Красные огурцы | страница 49



— Я все понял, — сказал он. — Он устал. Мы распарим его в бане, напоим и уложим. А ночью все приготовим.

— Что приготовим?

— Кое‑что… Кое‑что… — Дедушка снял очки и принялся с мечтательной улыбкой протирать их тряпочкой.

Дуня, в свою очередь, узнала этот блуждающий взгляд — дедушка находился во власти новой идеи.


Она действительно прочитала всю возможную научную литературу об эмоциональной сфере человека, всю философскую, а заодно и художественную, благо ни о чем другом писатели не писали. В теории все получалось просто. Если отбросить романтику, любовь возникала у мужчин по пяти причинам: сострадание (нисходящая любовь, как у Толстого), самолюбование (наблюдение себя в другом, как у Маркеса), эгоизм (прагматическая любовь, описанная греками), ревность (как у Мопассана) и, наконец, банальное вожделение. Таков был анализ. Синтезом Дуня, поразмыслив, решила считать метод, объединяющий все эти подходы: вначале разжалобить объект, потом восхищаться им, потом стать ему полезной, а потом заставить ревновать.

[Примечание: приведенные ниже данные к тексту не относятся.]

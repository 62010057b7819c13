-- ===== src/Usecase/Transfers/Replay.antt =====
-- usecase/transactions.go, idempotency keys over a history of transfers.
use payment_processing.Prelude.{
  ◌≡◌, refl, sym, subst, ◌∙◌, ap, inl, inr, List, [], ◌∷◌, Bytes, ok, err, find-exists, find-last,
  find-append,
}
use payment_processing.Domain.{Outcome, Uuid, Time}
use payment_processing.Storage.Tables.{Db}
use payment_processing.Storage.Session.{World}
use payment_processing.Storage.Idempotency.{has_key, fresh_row, complete_row}
use payment_processing.Usecase.Transfers.{TransferCommand, Platform}
use payment_processing.Usecase.Transfers.Recorded.{Transferred, Answers, own_row}
use payment_processing.Usecase.Transfers.Outcomes.{Done}
use payment_processing.Usecase.Transfers.Loop.{Accounted}
use payment_processing.Usecase.Transfers.History.{
  Call, IsConsistent, call, command_of, serve, accounted, call-IsConsistent, serve-IsConsistent,
}

module _ {S : Type 0} (p : Platform S) where
  -- A finished row stays the answer to its request.
  Answers-kept :
      (now : Time) (c d : TransferCommand) (id : Uuid) (r : Outcome Bytes) (db db' : Db)
      → Accounted p now d r db db'
      → Answers c id db
      → Answers c id db'
  Answers-kept now c d id (ok result) db db' (_, _, inl t) a = record {
    row = a.row;
    found =
        rw t.keyed
          (find-append (has_key c.sender_id c.key) db.transfer_idempotency _ a.row a.found);
    same_request = a.same_request;
    finished = a.finished;
    result = a.result;
  }
  Answers-kept now c d id (ok result) db db' (_, _, inr (_, same)) a =
      subst (Answers c id) (sym same) a
  Answers-kept now c d id (err e) db db' same a = subst (Answers c id) (sym same) a

  Answers-serve :
      (c : TransferCommand) (id : Uuid) (cs : List Call) (w : World S)
      → IsConsistent w.db
      → Answers c id w.db
      → Answers c id (serve p cs w).db
  unfolding serve
  Answers-serve c id [] w h a = a
  Answers-serve c id (d ∷ cs) w h a =
      Answers-serve c id cs (call p d w).1 (call-IsConsistent p d w h) (
        Answers-kept w.clock c (command_of p d) id (call p d w).0 w.db (call p d w).1.db
          (accounted p d w h) a)

  Transferred-Answers :
      (now : Time) (c : TransferCommand) (id : Uuid) (db db' : Db)
      → Transferred now c id db db'
      → Answers c id db'
  Transferred-Answers now c id db db' t = record {
    row = complete_row now id (fresh_row now c.sender_id c.key c.request_fingerprint);
    found =
        rw t.keyed (
          find-last (has_key c.sender_id c.key) db.transfer_idempotency _ t.new_key
            (own_row now c));
    same_request = refl;
    finished = refl;
    result = refl;
  }

  Done-Answers :
      (now : Time) (c : TransferCommand) (result : Bytes) (db db' : Db)
      → Done p now c result db db'
      → (id : Uuid) × (result ≡ p.uuid_string id) × Answers c id db'
  Done-Answers now c result db db' (id, e, inl t) = (id, e, Transferred-Answers now c id db db' t)
  Done-Answers now c result db db' (id, e, inr (a, same)) =
      (id, e, subst (Answers c id) (sym same) a)

  -- A request that has an answer gets that answer, and changes nothing.
  answered_once :
      (now : Time) (c : TransferCommand) (id : Uuid) (result : Bytes) (db db' : Db)
      → Answers c id db
      → Done p now c result db db'
      → (result ≡ p.uuid_string id) × (db' ≡ db)
  answered_once now c id result db db' a (j, e, inl t) = absurd (
      cc (
        t.new_key,
        (find-exists (has_key c.sender_id c.key) db.transfer_idempotency a.row a.found).0,
      ))
  answered_once now c id result db db' a (j, e, inr (b, same)) =
      let one_id : j ≡ id = cc (a.found, b.found, a.result, b.result) in
      (e ∙ ap p.uuid_string one_id, same)

  -- Over consistent tables, after a transfer has succeeded and any other transfers came in
  -- between, the same call can only succeed with the id of the first, and then commits nothing.
  pub transfer_once :
      (c : Call) (between : List Call) (w : World S) (first second : Bytes)
      → IsConsistent w.db
      → (call p c w).0 ≡ ok first
      → let later = serve p between (call p c w).1 in
        (call p c later).0 ≡ ok second → (second ≡ first) × ((call p c later).1.db ≡ later.db)
  transfer_once c between w first second h done again =
      let w1 = (call p c w).1 in
      let later = serve p between w1 in
      let (id, is_first, answer) =
        Done-Answers w.clock (command_of p c) first w.db w1.db (
          subst (λ r. Accounted p w.clock (command_of p c) r w.db w1.db) done
            (accounted p c w h)) in
      let consistent1 = call-IsConsistent p c w h in
      let consistent = (serve-IsConsistent p between w1 consistent1).0 in
      let (is_second, same) =
        answered_once later.clock (command_of p c) id second later.db (call p c later).1.db
          (Answers-serve (command_of p c) id between w1 consistent1 answer)
          (subst (λ r. Accounted p later.clock (command_of p c) r later.db (call p c later).1.db)
            again (accounted p c later consistent)) in
      (is_second ∙ sym is_first, same)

Миссию вызова плотского желания она, мельком глянув в зеркало, решила доверить своей спортивной фигуре, голубым глазам и мини‑юбке, купленной на распродаже под психологическим давлением продавщицы.

Так долго копившиеся знания ликовали — наконец‑то теория увенчается практикой! Наконец‑то она докажет всем — и деду, и всем этим портретам, висевшим в аудиториях, и своему научному руководителю, и — главное! — самой себе, что не зря. Не зря она выбрала эту абстрактную науку, не зря зубрила определения. Совершив объезд по запутанным тропинкам философии, она с триумфом выйдет на большую дорогу прикладной науки. Разбираться в машинах? Бери выше! Разобраться в человечьей душе, уметь ее настраивать и чинить — вот это дело!

Уже на этапе бани Дуня поняла, что последний пункт синтетического метода будет самым простым: Антон поглядывал на нее прищурившись и склонив голову — верный признак вожделения. Через час он шатающейся походкой вошел в дом и затих в своей комнате.

Убедившись, что гость спит, она вышла во двор к деду. В сырой темноте метался костер. Ветерок холодил влажный после бани загривок. Дуня поежилась и запахнула кофту. Дед опять съел свои дурацкие грибы и теперь, как могло показаться стороннему наблюдателю, сам пребывал в растительном состоянии. Но она не была сторонним наблюдателем и знала, что дед находится сейчас в самой что ни на есть деятельной и творческой фазе.

— Дед! — позвала она шепотом. — Ты жив?